Form 1 NATIONAL RAILROAD ADJUSTMENT BOARD Award No. 28610
THIRD DIVISION Docket No. MW-28421
90-3-88-3-202
The Third Division consisted of the regular members and in
addition Referee Herbert L. Marx, Jr. when award was rendered.
(Brotherhood of Maintenance of Way Employes
PARTIES TO DISPUTE:
(Union Pacific Railroad Company
STATEMENT OF CLAIM: "Claim of the System Committee of the Brotherhood that:
(1) The Agreement was violated when the Carrier assigned outside
forces to perform construction, maintenance and repair work at the Omaha
Headquarters Building beginning July 28, 1986 (System File M-574/870543).
(2) The Agreement was further violated when the Carrier did not give
the General Chairman prior written notification of its plans to assign said
work to outside forces.
(3) As a consequence of Part (1) and/or Part (2) above, B&B Subdepartment employes D. L. Albin, W. R. Steer, J. H. Carlson, T. E. Danahy, P. K.

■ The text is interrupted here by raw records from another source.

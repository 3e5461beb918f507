-- ===== src/Vmm/Examples.antt =====
-- Runs of the swap functions on an allocation of four pages of four bytes.
use sbma.Common.{
  ℕ, ◌+◌, ◌*◌, ◌/◌, ◌≤◌, ◌<◌, ◌≡◌, refl, ◌⊎◌, true, false, Option, none, some, arith, ◌==◌, ltb,
  count, if◌then◌else◌, within, Run, done, failed, aborted, diverged, Ensures,
}
use sbma.Mmu.{Flags}
use sbma.Mmu.Valid.{IsValid}
use sbma.Os.{prot_none, prot_read, prot_rw, IsReliable}
use sbma.Os.Ideal.{World, ideal, short, ideal-IsPosix, short-IsPosix, ideal-HasFullWrites}
use sbma.Vmm.{State}
use sbma.Vmm.Io.{vmm_read, vmm_write}
use sbma.Vmm.Io.Stored.{vmm_write_short}
use sbma.Vmm.View.{view, IsCoherent}
use sbma.Vmm.SwapX.{vmm_swap_x}
use sbma.Vmm.Protect.{MprotectFailed}
use sbma.Vmm.SwapX.Result.{Cleared, vmm_swap_x-Cleared}
use sbma.Vmm.SwapO.{vmm_swap_o}
use sbma.Vmm.SwapO.Result.{SwappedOut, vmm_swap_o-SwappedOut}
use sbma.Vmm.SwapO.Transparent.{vmm_swap_o-view}
use sbma.Vmm.SwapI.{to_read, vmm_swap_i}
use sbma.Vmm.SwapI.Finished.{SwappedIn}
use sbma.Vmm.SwapI.Result.{vmm_swap_i-SwappedIn}

abbrev untouched_page : Flags
untouched_page = record { zfill = false; rsdnt = false; dirty = false; chrgd = false }

abbrev dirty_page : Flags
dirty_page = record { zfill = false; rsdnt = false; dirty = true; chrgd = false }

abbrev stored_page : Flags
stored_page = record { zfill = true; rsdnt = true; dirty = false; chrgd = true }

-- Page 0 is clean, the pages 1 and 2 are dirty, and page 3 is in the file.
abbrev pub start : State World
start = record {
  ate = record {
    n_pages = 4;
    l_pages = 3;
    c_pages = 3;
    d_pages = 2;
    base = 4096;
    flags = λ i. if i == 0 then untouched_page else if i == 3 then stored_page else dirty_page;
  };
  world = record {
    mem = λ x. if within 4100 4108 x then 7 else 0;
    prot = λ x. if within 4100 4108 x then prot_rw else if ltb x 4100 then prot_read else prot_none;
    file = λ k x. if within 12 16 x then 9 else 0;
    size = λ k. 16;
    pos = λ k. 0;
  };
}

pub start-IsValid : IsValid start.ate
unfolding count
start-IsValid = record {
  loaded = refl;
  charged = refl;
  dirtied = refl;
  pages = λ i h. ground arith;
}

pub start-IsCoherent : IsCoherent ideal 4 1 start
start-IsCoherent = record {
  clean = λ x h r d. ground arith;
  on_disk = λ i h z. ground arith;
  absent = λ x h r. ground arith;
}

-- What a run returns, if it does.
abbrev returned : {S A : Type 0} → Run S A → Option A
returned (done a s) = some a
returned (failed s) = none
returned aborted = none
returned diverged = none

abbrev byte_after : Run (State World) ℕ → ℕ → Option ℕ
byte_after (done a s) x = some (view ideal 4 1 s x)
byte_after (failed s) x = none
byte_after aborted x = none
byte_after diverged x = none

-- Two pages are written, and read as before.
swap_o_returned : returned (vmm_swap_o ideal 4 true 1 0 4 start) ≡ some 2
unfolding vmm_swap_o vmm_write
swap_o_returned = refl

swap_o_byte : byte_after (vmm_swap_o ideal 4 true 1 0 4 start) 5 ≡ some 7
unfolding vmm_swap_o vmm_write
swap_o_byte = refl

-- One page is read.
swap_i_returned : returned (vmm_swap_i ideal 4 1 false 0 4 start) ≡ some 1
unfolding vmm_swap_i vmm_read
swap_i_returned = refl

swap_i_byte : byte_after (vmm_swap_i ideal 4 1 false 0 4 start) 13 ≡ some 9
unfolding vmm_swap_i vmm_read
swap_i_byte = refl

-- The file as long as it is, for the page that it holds.
pub start-on_disk :
    (i : ℕ) → i < 4 → to_read (start.ate.flags i) ≡ true → (i + 1) * 4 ≤ ideal.size start.world 1
start-on_disk i h wanted = ground arith

vmm_swap_o-view_example :
    Ensures
      (λ m t.
        IsValid t.ate
        × IsCoherent ideal 4 1 t
        × ((x : ℕ) → x / 4 < 4 → view ideal 4 1 t x ≡ view ideal 4 1 start x))
      (λ _. ¬ IsReliable ideal)
      (vmm_swap_o ideal 4 true 1 0 3 start)
vmm_swap_o-view_example =
    vmm_swap_o-view 4 1 ideal-IsPosix ideal-HasFullWrites true 0 3 start (omega arith) start-IsValid
      start-IsCoherent (omega arith) (omega arith)

vmm_swap_o-SwappedOut_example :
    Ensures
      (λ m t.
        (((◌≡◌ {A = ℕ} 3 0) ⊎ (start.ate.l_pages ≡ 0)) × (m ≡ 0) × (t ≡ start))
        ⊎ SwappedOut ideal 4 1 start 0 3 m t)
      (λ _. ¬ IsReliable ideal)
      (vmm_swap_o ideal 4 true 1 0 3 start)
vmm_swap_o-SwappedOut_example =
    vmm_swap_o-SwappedOut ideal-IsPosix ideal-HasFullWrites 4 1 true (omega arith) 0 3 start
      start-IsValid (omega arith) (omega arith)

vmm_swap_i-SwappedIn_example :
    Ensures
      (λ m t.
        (((◌≡◌ {A = ℕ} 3 0) ⊎ (start.ate.l_pages ≡ start.ate.n_pages)) × (m ≡ 0) × (t ≡ start))
        ⊎ SwappedIn ideal 4 1 start 1 3 m t)
      (λ _. ¬ IsReliable ideal)
      (vmm_swap_i ideal 4 1 false 1 3 start)
vmm_swap_i-SwappedIn_example =
    vmm_swap_i-SwappedIn ideal-IsPosix 4 1 (omega arith) 1 3 start start-IsValid (omega arith)
      start-on_disk (omega arith)

vmm_swap_x-Cleared_example :
    Ensures
      (λ _ t. Cleared ideal 4 start 1 3 t)
      (λ t. MprotectFailed ideal t.world)
      (vmm_swap_x ideal 4 1 2 start)
vmm_swap_x-Cleared_example =
    vmm_swap_x-Cleared ideal-IsPosix 4 (omega arith) 1 2 start start-IsValid (omega arith)

vmm_write_short_example :
    (u : World) × (vmm_write short 1 4100 8 4 start.world ≡ done tt u)
    × ((x : ℕ) → 4 + 2 ≤ x → short.file u 1 x ≡ short.file start.world 1 x)
vmm_write_short_example =
    vmm_write_short short short-IsPosix 1 4100 8 4 2 start.world refl refl (omega arith)
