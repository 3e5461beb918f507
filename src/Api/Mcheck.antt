-- ===== src/Api/Mcheck.antt =====
-- src/api/mcheck.c: the check that the counters of the entries, and of the node, are consistent.
use sbma.Common.{
  ℕ, zero, suc, ◌+◌, ◌/◌, ◌≡◌, Bool, true, false, ◌&&◌, Option, none, some, if◌then◌else◌, ◌==◌,
  bit, count, List, [], ◌∷◌, arith, inl, inr, Bool-cases, not, count_congr, ◌↔◌, Option-cases,
}
use sbma.Mmu.{Flags, Ate, is_resident, is_charged, is_dirty}
use sbma.Ipc.{Ipc}
use sbma.Api.{less, vmm_to_sys}

-- The loop over the pages from `i` on, with `l`, `c` and `d`.
pub tally : ℕ → ℕ → (ℕ → Flags) → ℕ → ℕ → ℕ → ℕ × ℕ × ℕ
tally zero i flags l c d = (l, c, d)
tally (suc k) i flags l c d =
    tally k (i + 1) flags (l + bit (is_resident (flags i))) (c + bit (is_charged (flags i)))
      (d + bit (is_dirty (flags i)))

-- What VMM_EXTRA compares.
pub extra_check : Ate → Bool
unfolding tally
extra_check a =
    let (l, c, d) = tally a.n_pages 0 a.flags 0 0 0 in
    (l == a.l_pages) && ((c == a.c_pages) && (d == a.d_pages))

-- `ate_size` is the size of `struct ate`.
module _ (page_size sys_page ate_size : ℕ) (metach : Bool) where
  abbrev pub meta_pages : Ate → ℕ
  meta_pages a =
      if metach then 1 + less ate_size 1 / page_size + (1 + less a.n_pages 1 / page_size) else 0

  -- The loop over the entries; `none` is the early exit.
  pub sum_entries : Bool → List Ate → ℕ → ℕ → Option (ℕ × ℕ)
  unfolding extra_check
  sum_entries extra [] c_pages d_pages = some (c_pages, d_pages)
  sum_entries extra (a ∷ rest) c_pages d_pages =
      let sums =
        sum_entries extra rest (c_pages + (meta_pages a + a.c_pages)) (d_pages + a.d_pages) in
      if extra && not (extra_check a) then none else sums

  -- Whether `sbma_mcheck` returns 0.
  unfoldable pub sbma_mcheck : Bool → Bool → List Ate → Ipc → Bool
  unfolding sum_entries
  sbma_mcheck check extra entries ipc =
      if check
      then elim (sum_entries extra entries 0 0) [
        | none ↦ false
        | some (c_pages, d_pages) ↦
            (vmm_to_sys page_size sys_page c_pages == ipc.c_mem ipc.id)
            && (vmm_to_sys page_size sys_page d_pages == ipc.d_mem ipc.id)
      ]
      else true

-- What the check is to establish of an entry.
pub record HasCounts (a : Ate) : Type 0 where
  pub loaded : count a.n_pages is_resident a.flags ≡ a.l_pages
  pub charged : count a.n_pages is_charged a.flags ≡ a.c_pages
  pub dirtied : count a.n_pages is_dirty a.flags ≡ a.d_pages

-- Counting upwards is counting.
count_front :
    (k i : ℕ) (p : Flags → Bool) (f : ℕ → Flags)
    → count (suc k) p (λ j. f (i + j)) ≡ bit (p (f i)) + count k p (λ j. f (i + 1 + j))
unfolding count
count_front zero i p f = ground arith
count_front (suc k) i p f = ground (arith, count_front k i p f)

tally-count :
    (k i : ℕ) (f : ℕ → Flags) (l c d : ℕ)
    → tally k i f l c d ≡ (
      l + count k is_resident (λ j. f (i + j)),
      c + count k is_charged (λ j. f (i + j)),
      d + count k is_dirty (λ j. f (i + j)),
    )
unfolding tally count
tally-count zero i f l c d = ground arith
tally-count (suc k) i f l c d = ground (
  arith,
  tally-count k (i + 1) f (l + bit (is_resident (f i))) (c + bit (is_charged (f i)))
      (d + bit (is_dirty (f i))),
  count_front k i is_resident f,
  count_front k i is_charged f,
  count_front k i is_dirty f,
)

pub extra_check-HasCounts : (a : Ate) → extra_check a ≡ true → HasCounts a
unfolding extra_check
extra_check-HasCounts a h = record {
  loaded = ground (arith, tally-count a.n_pages 0 a.flags 0 0 0, from_front is_resident);
  charged = ground (arith, tally-count a.n_pages 0 a.flags 0 0 0, from_front is_charged);
  dirtied = ground (arith, tally-count a.n_pages 0 a.flags 0 0 0, from_front is_dirty);
}
  where
    from_front :
        (p : Flags → Bool) → count a.n_pages p (λ j. a.flags (0 + j)) ≡ count a.n_pages p a.flags
    from_front p = count_congr a.n_pages p (λ j. a.flags (0 + j)) a.flags (λ j l. ground arith)

pub HasCounts-extra_check : (a : Ate) → HasCounts a → extra_check a ≡ true
unfolding extra_check
HasCounts-extra_check a counts = ground (
  arith,
  tally-count a.n_pages 0 a.flags 0 0 0,
  from_front is_resident,
  from_front is_charged,
  from_front is_dirty,
  counts.loaded,
  counts.charged,
  counts.dirtied,
)
  where
    from_front :
        (p : Flags → Bool) → count a.n_pages p (λ j. a.flags (0 + j)) ≡ count a.n_pages p a.flags
    from_front p = count_congr a.n_pages p (λ j. a.flags (0 + j)) a.flags (λ j l. ground arith)

pub data AllCounted : List Ate → Type 0 where
  no_entry : AllCounted []
  an_entry : {a : Ate} {rest : List Ate} → HasCounts a → AllCounted rest → AllCounted (a ∷ rest)

-- The sums over the entries.
pub total : (Ate → ℕ) → List Ate → ℕ
total f [] = 0
total f (a ∷ rest) = f a + total f rest

module _ (page_size sys_page ate_size : ℕ) (metach : Bool) where
  sum_entries-AllCounted :
      (entries : List Ate) (c d c' d' : ℕ)
      → sum_entries page_size sys_page ate_size metach true entries c d ≡ some (c', d')
      → AllCounted entries
        × (c'
            ≡ c + total (λ a. meta_pages page_size sys_page ate_size metach a + a.c_pages) entries)
        × (d' ≡ d + total (λ a. a.d_pages) entries)
  unfolding sum_entries total
  sum_entries-AllCounted [] c d c' d' e = (no_entry, ground arith, ground arith)
  sum_entries-AllCounted (a ∷ rest) c d c' d' e = elim (Bool-cases (extra_check a)) [
    | inr ill ↦ absurd (ground (arith, ill))
    | inl well ↦
        let (all, ec, ed) =
          sum_entries-AllCounted rest
            (c + (meta_pages page_size sys_page ate_size metach a + a.c_pages)) (d + a.d_pages) c'
            d' (ground (arith, well, e)) in
        (an_entry (extra_check-HasCounts a well) all, omega (arith, ec), omega (arith, ed))
  ]

  AllCounted-sum_entries :
      (entries : List Ate) (c d : ℕ)
      → AllCounted entries
      → sum_entries page_size sys_page ate_size metach true entries c d
        ≡ some (
          c + total (λ a. meta_pages page_size sys_page ate_size metach a + a.c_pages) entries,
          d + total (λ a. a.d_pages) entries,
        )
  unfolding sum_entries total
  AllCounted-sum_entries [] c d no_entry = ground arith
  AllCounted-sum_entries (a ∷ rest) c d (an_entry well all) = ground (
    arith,
    HasCounts-extra_check a well,
    AllCounted-sum_entries rest (c + (meta_pages page_size sys_page ate_size metach a + a.c_pages))
        (d + a.d_pages) all,
  )

  -- With VMM_CHECK and VMM_EXTRA, `sbma_mcheck` returns 0 exactly if the counters of every entry are the
  -- numbers of its resident, charged and dirty pages, and the sums over the entries, with the
  -- metadata under VMM_METACH, are what the process has charged and dirtied at the node.
  pub sbma_mcheck_iff :
      (entries : List Ate) (ipc : Ipc)
      → (sbma_mcheck page_size sys_page ate_size metach true true entries ipc ≡ true) ↔ (
          AllCounted entries
          × (vmm_to_sys page_size sys_page
                (total (λ a. meta_pages page_size sys_page ate_size metach a + a.c_pages) entries)
              ≡ ipc.c_mem ipc.id)
          × (vmm_to_sys page_size sys_page (total (λ a. a.d_pages) entries) ≡ ipc.d_mem ipc.id))
  unfolding sbma_mcheck
  sbma_mcheck_iff entries ipc = (
    (λ h. elim (Option-cases (sum_entries page_size sys_page ate_size metach true entries 0 0)) [
      | inl e ↦ absurd (ground (arith, e, h))
      | inr ((c, d), e) ↦
          let (all, ec, ed) = sum_entries-AllCounted entries 0 0 c d e in
          (all, ground (arith, e, h, ec), ground (arith, e, h, ed))
    ]),
    λ (all, ec, ed). ground (arith, AllCounted-sum_entries entries 0 0 all, ec, ed),
  )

Cain, E. C. Sorenson and M. L. Adler shall each be allowed pay at their respective straight time and overtime rates for an equal proportionate share of the
total number of man-hours expended by outside forces in performing the work
referred to in Part (1) hereof."
FINDINGS:
The Third Division of the Adjustment Board, upon the whole record
and all the evidence, finds that:
The carrier or carriers and the employe or employes involved in this
dispute are respectively carrier and employes within the meaning of the
Railway Labor Act as approved June 21, 1934.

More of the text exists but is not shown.